God’s plan isn’t that just those of us who are currently worshipping him would live in a community of radical honesty, generosity, encouragement and forgiveness. And thank God that’s the case! If any generation before us had been content to just hunker down together and enjoy one-another in a closed community, we would have never heard the gospel!
So let me ask you this, who isn’t sitting next to you right now that should be? Who isn’t sitting next to you right now that should be? Who has God placed in your life that he has predestined, that he has chosen from before time, who he entirely desires as much – if not more than – you, who is still living outside of the glorious love and forgiveness of Jesus. Here’s the key to that answer – you don’t know who he’s chosen, so you assume that it’s everyone in your life. The church doesn’t grow magically. God doesn’t often reveal himself to people in dreams – generally he reveals himself to people through other people. Through you and me. Gospel community is missional. Remember what we said – the mission isn’t community, we’re a community on mission. Community isn’t about you avoiding loneliness, it’s about becoming more like Jesus.
V) Closing
There may be some of you that aren’t Christians and you’re saying, “I don’t need Christian community. I guarantee you that my life looks more like Jesus than a lot of the people in this room right now who are Christians.” And as far as you and I can tell, you might be exactly right.

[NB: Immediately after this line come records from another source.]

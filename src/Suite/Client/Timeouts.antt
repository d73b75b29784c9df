-- ===== src/Suite/Client/Timeouts.antt =====
-- The deadlines of a client's reads and writes.
use package_index.Base.{ℕ, ◌+◌, ◌*◌, Bool, Option, [], ◌∷◌, ◌++◌, ◌≡◌, refl, ap, sym, ◌∙◌, Bytes}
use package_index.Suite.Client.{timeout, extend_timeout_for, send}

module _ {ℓ} {S : Type ℓ} (now : S → ℕ) (deadline : S → ℕ) (set_deadline : ℕ → S → S)
    (write write' : S → Bytes → S × Bool) (read_line read_line' : S → S × Option Bytes) where
  -- The client waits for at most ten seconds.
  abbrev pub IsTimed : S → Type 0
  IsTimed s = deadline s ≡ now s + 10 * 1000000000

  extend-IsTimed :
      ((t : ℕ) (s : S) → deadline (set_deadline t s) ≡ t)
      → ((t : ℕ) (s : S) → now (set_deadline t s) ≡ now s)
      → (s : S) → IsTimed (extend_timeout_for now set_deadline s)
  unfolding extend_timeout_for
  extend-IsTimed sets same s =
      sets (now s + timeout) s
      ∙ ap (λ (n : ℕ). n + 10 * 1000000000) (sym (same (now s + timeout) s))

  -- On a connection whose deadline is what it has been set to, where setting it takes no time, Send
  -- writes and reads only where the deadline is ten seconds ahead: with another connection that writes and
  -- reads the same in such states it gives the same result.
  pub send-IsTimed :
      ((t : ℕ) (s : S) → deadline (set_deadline t s) ≡ t)
      → ((t : ℕ) (s : S) → now (set_deadline t s) ≡ now s)
      → ((s : S) (msg : Bytes) → IsTimed s → write s msg ≡ write' s msg)
      → ((s : S) → IsTimed s → read_line s ≡ read_line' s)
      → (s : S) (msg : Bytes)
      → send (extend_timeout_for now set_deadline) write read_line s msg
        ≡ send (extend_timeout_for now set_deadline) write' read_line' s msg
  unfolding send
  send-IsTimed sets same writes reads s msg =
      rw
        (
          writes (extend_timeout_for now set_deadline s) (msg ++ b'\n' ∷ [])
              (extend-IsTimed sets same s),
          reads
              (extend_timeout_for now set_deadline
                (write' (extend_timeout_for now set_deadline s) (msg ++ b'\n' ∷ [])).0)
              (extend-IsTimed sets same
                (write' (extend_timeout_for now set_deadline s) (msg ++ b'\n' ∷ [])).0),
        )
        refl
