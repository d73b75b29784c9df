-- ===== src/Suite/WireFormat.antt =====
-- go/src/test-suite/wire_format.go: the messages that the test suite sends, without the newline that
-- the client's `Send` puts behind them. What `rand.Intn` chooses are arguments.
pub mod Answers
use package_index.Base.{
  ℕ, zero, suc, ◌%◌, Bool, Option, none, some, List, [], ◌∷◌, ◌++◌, map, Bytes, Name, length, ltb,
  ◌==◌, nat_eq, if◌then◌else◌,
}
use package_index.Base.Text.{codes, join}
use package_index.Suite.Packages.{Package, AllPackages}

-- `xs[i]`, which panics out of range.
unfoldable pub get_elem? {ℓ} : {A : Type ℓ} → List A → ℕ → Option A
get_elem? [] i = none
get_elem? (x ∷ xs) zero = some x
get_elem? (x ∷ xs) (suc i) = get_elem? xs i

abbrev cons_name : Option Package → Option (List Name) → Option (List Name)
cons_name (some p) (some ns) = some (p.name ∷ ns)
cons_name _ _ = none

-- The names behind the pointers; none if a pointer leads out of the registry.
unfoldable pub names_at : AllPackages → List ℕ → Option (List Name)
names_at all [] = some []
names_at all (d ∷ ds) = cons_name (get_elem? all d) (names_at all ds)

abbrev pub index_line : Name → List Name → Bytes
index_line n ds = codes "INDEX" ++ (b'|' ∷ (n ++ (b'|' ∷ join ds)))

abbrev pub index_line_of : Name → Option (List Name) → Option Bytes
index_line_of n none = none
index_line_of n (some ds) = some (index_line n ds)

unfoldable pub make_index_message : AllPackages → Package → Option Bytes
make_index_message all pkg = index_line_of pkg.name (names_at all pkg.dependencies)

unfoldable pub make_remove_message : Package → Bytes
make_remove_message pkg = codes "REMOVE" ++ (b'|' ∷ (pkg.name ++ (b'|' ∷ [])))

unfoldable pub make_query_message : Package → Bytes
make_query_message pkg = codes "QUERY" ++ (b'|' ∷ (pkg.name ++ (b'|' ∷ [])))

abbrev pub possible_invalid_commands : List Bytes
possible_invalid_commands =
    codes "BLINDEX" ∷ codes "REMOVES" ∷ codes "QUER" ∷ codes "LIZARD" ∷ codes "I" ∷ []

-- The snowman is three bytes.
abbrev pub possible_invalid_chars : List Bytes
possible_invalid_chars = codes "=" ∷ codes "+" ∷ (226 ∷ 152 ∷ 131 ∷ []) ∷ codes " " ∷ []

abbrev pub syntax_error : Option Bytes → Option Bytes
syntax_error none = none
syntax_error (some c) = some (codes "INDEX|emacs" ++ (c ++ codes "elisp"))

abbrev pub command_error : Option Bytes → Option Bytes
command_error none = none
command_error (some c) = some (c ++ codes "|a|b")

-- The length of the list that a message of this kind chooses from.
abbrev pub choices : ℕ → ℕ
choices kind =
    if kind % 2 == 0 then length possible_invalid_chars else length possible_invalid_commands

-- `kind` is `rand.Intn(10)` and `choice` the index into the list.
unfoldable pub make_broken_message : ℕ → ℕ → Option Bytes
make_broken_message kind choice =
    if kind % 2 == 0
    then syntax_error (get_elem? possible_invalid_chars choice)
    else command_error (get_elem? possible_invalid_commands choice)
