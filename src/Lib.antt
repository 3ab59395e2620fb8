-- ===== src/Lib.antt =====
-- Trainer is a web service that judges programs: a user submits source code to a problem, the
-- submission waits in a queue, and a worker runs it on the hidden tests of the problem and stores
-- the verdict. This library models that path, from the request to the verdict.
--
-- The parts. A request body is checked by `validate_submission` (backend/src/submission.cpp:
-- Validation) in the handler `submit` (backend/src/main.cpp: Server, with the handlers that look
-- submissions up and retry them, those of authentication, those of problems and the profile),
-- which asks `SubmissionService` (backend/src/submission-service.cpp: Service), which asks a
-- submission repository and notifies the workers. The repository is a table of submissions with
-- limits on active and running submissions: Sqlite models
-- backend/src/sqlite-submission-repository.cpp, Postgres models
-- backend/src/postgresql-submission-repository.cpp and the transactions of
-- backend/src/postgresql-client.cpp, Table the rows that both work on. `SubmissionWorkerPool`
-- (backend/src/submission-worker.cpp: Worker) claims submissions, has them judged by
-- `ProblemJudge` (backend/src/problem-judge.cpp: Judge) and settles them. Submission holds the
-- data they share (submission.h, submission-record.h, judge.h and submission-repository.h of
-- backend/include/algorithm-trainer), Problem that of a problem, Catalogue the problem repository
-- with its tables and the seeding (backend/src/sqlite-problem-repository.cpp), Administration the
-- forms and the limits of what administrators send (main.cpp, backend/src/problem.cpp,
-- backend/include/algorithm-trainer/admin-validation.h), Auth the users and sessions of the
-- handlers' login (backend/src/auth-service.cpp; Postgres.Accounts for
-- backend/src/postgresql-auth-service.cpp). Prelude holds shared names and lemmas, Tests runs on
-- small inputs.
--
-- How the source corresponds. A function keeps its name; an overload or a local step has a name
-- of its own, with a comment. std::variant of a value and an error is Result, std::optional is
-- Option, std::string is the list of its bytes, a 64-bit id is a natural number: ids and
-- revisions are positive in the databases, and no proof depends on their bound. A database is the
-- list of the table's rows, newest first, with the next id of AUTOINCREMENT or IDENTITY and the
-- audit log; SQL is translated clause by clause into functions on these rows. Each statement
-- takes its outcome as an argument (Outcome for SQLite; Reply and LockedReplies for PostgreSQL):
-- it works, or it fails with a message and changes nothing. A PostgreSQL transaction that fails
-- to commit is rolled back, except for the ids that it has drawn from a sequence; a connection
-- that is lost during a commit, where the server's decision is unknown, is not modelled. The JSON
-- details of an audit entry stand for their text. Time stamps are texts that are given as
-- arguments. The catalogue is the two tables of problems and of hidden tests, problems in the
-- order of their rowids; a statement that breaks a constraint of the tables fails. An
-- administrator's request takes the two lookups of the session that its handler makes. `progress`
-- takes the day of a time stamp, which the engine computes, and the day before today as
-- arguments; the queries of the PostgreSQL repository take the server's comparison of time
-- stamps, and its service of authentication the server's `lower`. The SQLite problem repository
-- reads texts up to their first NUL (column_text), and the PostgreSQL client sends them so
-- (sent). A call of the SQLite submission repository is modelled while no other thread uses its
-- connection: its `retry` is a transaction of several statements on the connection that all
-- threads share, so that what a worker does between them may be rolled back with it. A statement
-- that has returned its row is committed; where it is not, `claim_next` is claim_uncommitted. A
-- JSON value that is neither an object nor null has no members: the parsers throw on it, and
-- there is no response.
--
-- Loops are structural recursion on the tests, rows, JSON elements or bytes that they walk
-- through, so no fuel is needed. The worker's endless loop is a step function on control points,
-- in Worker.Pool, and several workers are a step relation, in Worker.Exclusion: a step is one
-- call of the repository, which a statement or a transaction makes atomic, or the settling of a
-- submission, which is one step also where it calls `complete` and then `fail`. There the
-- repository is the PostgreSQL one, whose connection lets one call at a time through, and one
-- process serves the database; `recover_running` runs at its start, before the workers.
--
-- Interfaces of the program are parameters: the executor and the problem lookup of the judge, the
-- judge and the repository of the worker (Services), the repository and the notifier of the
-- service, the JSON library (Json, JsonText, AdminJson), the session lookup of the handler. The
-- hashes of passwords and tokens and the tokens themselves are arguments of Auth. Of these only
-- the JSON library is assumed anything of, by the round trips: that it gives back what a value
-- was built from (JsonLaws, AdminLaws), and that it reads the texts of one problem back
-- (ReadsBack); Tests.JsonTrees is a library that does.
--
-- Not modelled: the processes and the sandbox of the executors
-- (backend/src/isolated-process-executor.cpp, nsjail-python-executor.cpp, judge-worker-main.cpp),
-- the texts of the default problems (backend/src/problem.cpp), which are an argument of the
-- seeding, the PostgreSQL problem repository (postgresql-problem-repository.cpp), whose tables
-- the server shapes (JSONB, its clock, its sequences), `progress` of the PostgreSQL submission
-- repository, the copying tool (sqlite-to-postgresql.cpp), the start of main.cpp, the migrations,
-- the frontend and the scripts. Logging is left out.
pub mod Administration
pub mod Auth
pub mod Catalogue
pub mod Judge
pub mod Postgres
pub mod Prelude
pub mod Problem
pub mod Server
pub mod Service
pub mod Sqlite
pub mod Submission
pub mod Table
pub mod Tests
pub mod Validation
pub mod Worker
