-- ===== src/Prelude/Tests.antt =====
-- Boolean tests on the native numbers, the conditional, and equality tests as an interface.
use Prim.Native.Nat.{ℕ, ◌≤◌, ◌<◌, compare, Ordering}
use mathlib.Core.Path.{◌≡◌, refl, ap}
use mathlib.Core.Logic.{◌↔◌, ◌⊎◌, inl, inr}
use mathlib.Core.Bool.{Bool, true, false}
use mathlib.Core.Option.{Option, none, some}
use native.Mathlib.Omega.{arith}

abbrev pub ltb : ℕ → ℕ → Bool
ltb a b = elim (compare a b) [ Ordering.lt ↦ true | _ ↦ false ]

abbrev pub leb : ℕ → ℕ → Bool
leb a b = elim (compare a b) [ Ordering.gt ↦ false | _ ↦ true ]

abbrev pub nat_beq : ℕ → ℕ → Bool
nat_beq a b = elim (compare a b) [ Ordering.eq ↦ true | _ ↦ false ]

pub nat_beq_iff : (a b : ℕ) → (nat_beq a b ≡ true) ↔ (a ≡ b)
nat_beq_iff a b = ground arith

infix 1 if◌then◌else◌
abbrev pub if◌then◌else◌ {ℓ} : {A : Type ℓ} → Bool → A → A → A
if true then x else y = x
if false then x else y = y

-- `operator==` of a C++ type: a test that decides equality.
pub record Comparable {ℓ} (A : Type ℓ) : Type ℓ where
  pub same : (left right : A) → Bool
  pub same_iff : (left right : A) → (same left right ≡ true) ↔ (left ≡ right)

instance abbrev pub nat_eq : Comparable ℕ
nat_eq = record { same = nat_beq; same_iff = nat_beq_iff }

module _ {ℓ} {A : Type ℓ} where
  -- `std::optional` equality, and SQL's `IS`, `IS NOT DISTINCT FROM`.
  abbrev pub option_beq : (A → A → Bool) → Option A → Option A → Bool
  option_beq f none none = true
  option_beq f none (some b) = false
  option_beq f (some a) none = false
  option_beq f (some a) (some b) = f a b

  pub option_beq_iff :
      (f : A → A → Bool) (h : (a b : A) → (f a b ≡ true) ↔ (a ≡ b)) (x y : Option A)
      → (option_beq f x y ≡ true) ↔ (x ≡ y)
  option_beq_iff f h none none = (λ _. refl, λ _. refl)
  option_beq_iff f h none (some b) = (λ p. cc, λ p. cc)
  option_beq_iff f h (some a) none = (λ p. cc, λ p. cc)
  option_beq_iff f h (some a) (some b) = (λ p. ap some ((h a b).0 p), λ p. (h a b).1 (cc))

instance abbrev pub option_nat_eq : Comparable (Option ℕ)
option_nat_eq = record { same = option_beq nat_beq; same_iff = option_beq_iff nat_beq nat_beq_iff }

module _ {ℓ} {A : Type ℓ} where
  infix 50 ◌==◌
  abbrev pub ◌==◌ : ⦃c : Comparable A⦄ (left right : A) → Bool
  ◌==◌ ⦃c⦄ left right = c.same left right

-- 1 for a test that holds.
abbrev pub count_one : Bool → ℕ
count_one true = 1
count_one false = 0

pub Bool-cases : (b : Bool) → (b ≡ true) ⊎ (b ≡ false)
Bool-cases true = inl refl
Bool-cases false = inr refl

pub Option-cases {ℓ} : {A : Type ℓ} (o : Option A) → (o ≡ none) ⊎ ((a : A) × (o ≡ some a))
Option-cases none = inl refl
Option-cases (some a) = inr (a, refl)

pub leb→le : (a b : ℕ) → leb a b ≡ true → a ≤ b
leb→le a b h = ground arith

pub ltb→lt : (a b : ℕ) → ltb a b ≡ true → a < b
ltb→lt a b h = ground arith

pub lt→ltb : (a b : ℕ) → a < b → ltb a b ≡ true
lt→ltb a b h = ground arith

But here’s the thing. God doesn’t extend forgiveness to people who look somewhat like Jesus, or even people who look a lot like Jesus. He extends forgiveness only to people who look exactly like Jesus. And since none of us have the ability to look exactly like Jesus, since none of us can live completely sinless and entirely righteous lives like Jesus, our only hope is that God would look on Jesus himself instead of us.
And that’s what we mean by the gospel. That because there is no way that a Holy God, who is too pure to even look upon sin, could uphold his justice while letting us sinners go unpunished. And the Bible says that the punishment for sin is death. So, out of his unfathomable love for us, he decided to come to earth himself, live the life we couldn’t live, die the death we should have died, and actually take the punishment on himself – in Jesus Christ.
That’s why you need Jesus today. Without him God sees your life, even with your best efforts at being good, and you fall terribly short of perfection. You’re only hope is for God to look upon Jesus in your place and credit to you his life and righteousness. And he promises to do that for everyone who calls upon the name of Jesus in faith. (Rom 10:9-13)
So what is it that is missing from the world’s version of community? Jesus. Even though, by God’s common grace, the whole world has access to deep friendships and loving relationships apart from Christian community, what it doesn’t have is Jesus. And Jesus, ultimately, is all that we need and all that will suffice.
That’s why we need him. And he says that we can’t truly love him without loving his church – and so we need his church too. As imperfect and jacked up as we are, he’s actually making us look more like him – and it’s happening in community. This is what gospel community is and this is who we are becoming : an honest, generous, encouraging, forgiving community that puts the gospel on display by the way we live our lives, which are marked by utter others-centeredness.